Pero los peligros del acoso tienen su veta, cada vez más acentuada, en el doble filo del ciberespacio, lugar para las comunicaciones más sanas y la irrupción del daño. Chicas de 12 a 19 años decían en una encuesta levantada por el INEGI en 2023 y publicada días atrás, que en 30.1 por ciento de los casos sufrió de ciberacoso en México, algo similar a lo que les ocurrió en 2022. En cuanto a los varones, creció de 20.1 a 23 por ciento entre 2022 y 2023. Cuando la encuesta revisa los ataques en las diferentes etapas educativas, encuentra que el acoso en el nivel básico se da en 40.4 por ciento de varones frente al 36.6 de las mujeres, y baja en la educación media superior a 27.8 en los chicos y 31.6 en chicas. A mayor promedio de tiempo en el ciberespacio, mayores denuncias de acoso, refleja el informe. El cómo explica la forma en que ambos sexos son víctimas: contactos mediante identidades falsas, mensajes ofensivos y llamadas ofensivas. Para las mujeres se suma la recepción de contenido sexual. Ellas deben lidiar con el rastreo de cuentas y sitios web, la manera en la que más se las ubica, 40.3 por ciento. Los agresores son desconocidos en más del 61 por ciento de los casos, respondieron unos y otras. ¿Quiénes acosan, dónde están los predadores? Hombres, sí, en la mayoría de los casos, de entre 18 y 35 años, aunque un sorpresivo 20.5 por ciento de las mujeres asedian a sus pares, y lo hacen por Facebook y WhatsApp.

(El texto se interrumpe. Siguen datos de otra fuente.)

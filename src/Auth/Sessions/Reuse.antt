-- ===== src/Auth/Sessions/Reuse.antt =====
-- What `rotateRefreshToken` of src/auth/authentication.repository.ts does against the reuse of a
-- refresh token.
use public_parks.Prelude.{ℕ, String, ◌≡◌, refl, true, false, some, arith, All, All-of}
use public_parks.Errors.{authentication_failed}
use public_parks.Database.{ok, err, All-update_where}
use public_parks.Auth.Tables.{
  RefreshTokenStatus, AuthenticationSessionStatus, AuthStore, SessionResult, Fresh,
}
use public_parks.Auth.Digests.{SecretHash}
use public_parks.Auth.Sessions.{
  of_session, session_has_id, revoked_token, revoked_session, rotated_token, TokenRow, token_row,
  is_spent, is_live, rotate_refresh_token,
}
use public_parks.Auth.Sessions.Rotation.{
  after_revocation, rotate-spent, rotation_result, after_rotation, row_after_rotation,
  rotate-IsRotation,
}

-- Every row of the session and every one of its refresh tokens is revoked.
pub record IsRevoked (session_id : String) (s : AuthStore) : Type 0 where
  pub sessions :
      All
        (λ r.
          session_has_id session_id r ≡ true
          → r.session_status ≡ AuthenticationSessionStatus.revoked)
        s.sessions
  pub tokens :
      All
        (λ t. of_session session_id t ≡ true → t.refresh_token_status ≡ RefreshTokenStatus.revoked)
        s.refresh_tokens

after_revocation-IsRevoked :
    (now : ℕ) (row : TokenRow) (s : AuthStore)
    → IsRevoked row.session.id (after_revocation now row s)
after_revocation-IsRevoked now row s = record {
  sessions =
      All-update_where _ (session_has_id row.session.id) (revoked_session now) s.sessions
        (All-of _ (λ r. ground arith) s.sessions);
  tokens =
      All-update_where _ (of_session row.session.id) revoked_token s.refresh_tokens
        (All-of _ (λ t. ground arith) s.refresh_tokens);
}

-- Presenting a refresh token that was rotated, revoked or has expired fails, and it revokes the
-- token's session and all of the session's tokens, which stays stored although the call throws.
pub rotate_refresh_token-reuse :
    (h : SecretHash) (fresh : Fresh) (token : String) (s : AuthStore) (row : TokenRow)
    → token_row h token s ≡ some row
    → is_spent fresh.now row ≡ true
    → ((rotate_refresh_token h fresh token s).0 ≡ err authentication_failed)
      × IsRevoked row.session.id (rotate_refresh_token h fresh token s).1
rotate_refresh_token-reuse h fresh token s row found spent =
    rw (rotate-spent h fresh token s row found spent)
      (refl, after_revocation-IsRevoked fresh.now row s)

-- A successful rotation presents a token that is active and unexpired, of an active and unexpired
-- session of an active user, and returns the user, session and client type of that session.
-- Whoever presents the same token again, at any time, is refused, and loses the session: all its
-- tokens, the new one included, are then revoked.
pub rotate_refresh_token-twice :
    (h : SecretHash) (fresh later : Fresh) (token : String) (s s' : AuthStore)
    (result : SessionResult)
    → rotate_refresh_token h fresh token s ≡ (ok result, s')
    → ((row : TokenRow) × (token_row h token s ≡ some row)
        × (is_spent fresh.now row ≡ false)
        × (is_live fresh.now row ≡ true)
        × (result ≡ rotation_result fresh row))
      × ((rotate_refresh_token h later token s').0 ≡ err authentication_failed)
      × IsRevoked result.session_id (rotate_refresh_token h later token s').1
rotate_refresh_token-twice h fresh later token s s' result done =
    let r = rotate-IsRotation h fresh token s s' result done in
    let again = row_after_rotation h fresh token s r.row r.found r.apart in
    let (failed, lost) =
      rotate_refresh_token-reuse h later token (after_rotation h fresh token s r.row r.found)
        (record (r.row) { token = rotated_token fresh.now (r.row).token }) again refl in
    (
      (r.row, r.found, r.unspent, r.live, r.answer),
      rw r.stored failed,
      rw (r.stored, r.answer) lost,
    )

Los datos allí están, visibilizados, para dibujar un cuadro que debería tener respuestas certeras y no paliativos. Adolescentes y adultos -el estudio se hizo a partir de los 12 años y en adelante- reflejan en enojo (66 por ciento), desconfianza, inseguridad, estrés, miedo y frustración, los efectos de la persecución. La defensa de las víctimas se limita a bloquear acosadores, cuentas o páginas. Solo el 1.4 por ciento reporta los ataques ante la policía y hasta el 12.2 por ciento en el caso de mujeres ante ministerios públicos, fiscalías o proveedores del servicio, lo cual deja claro que las autoridades son el muro final de su desdicha.
Ni las autoridades son confiables ni las mismas empresas digitales, que responden con evasivas y sin medidas concretas a las denuncias, como lo han dejado ver acusaciones sobre tráfico sexual de menores, trata de personas y el daño a la salud mental de los jóvenes. Paradas en ese limbo de la ilegalidad aceptada y correspondida con desidia, cada una de las víctimas del acoso cibernético se asemeja a Alina, la protagonista de Kentukis, la novela de Samantha Schweblin que aborda la vigilancia, la invasión a la privacidad, la exhibición voluntaria, la obsesión con la tecnología, y que se pregunta estrujada en el cierre del libro “con un miedo que casi podría quebrarla, si estaba de pie sobre un mundo del que realmente se pudiera escapar”.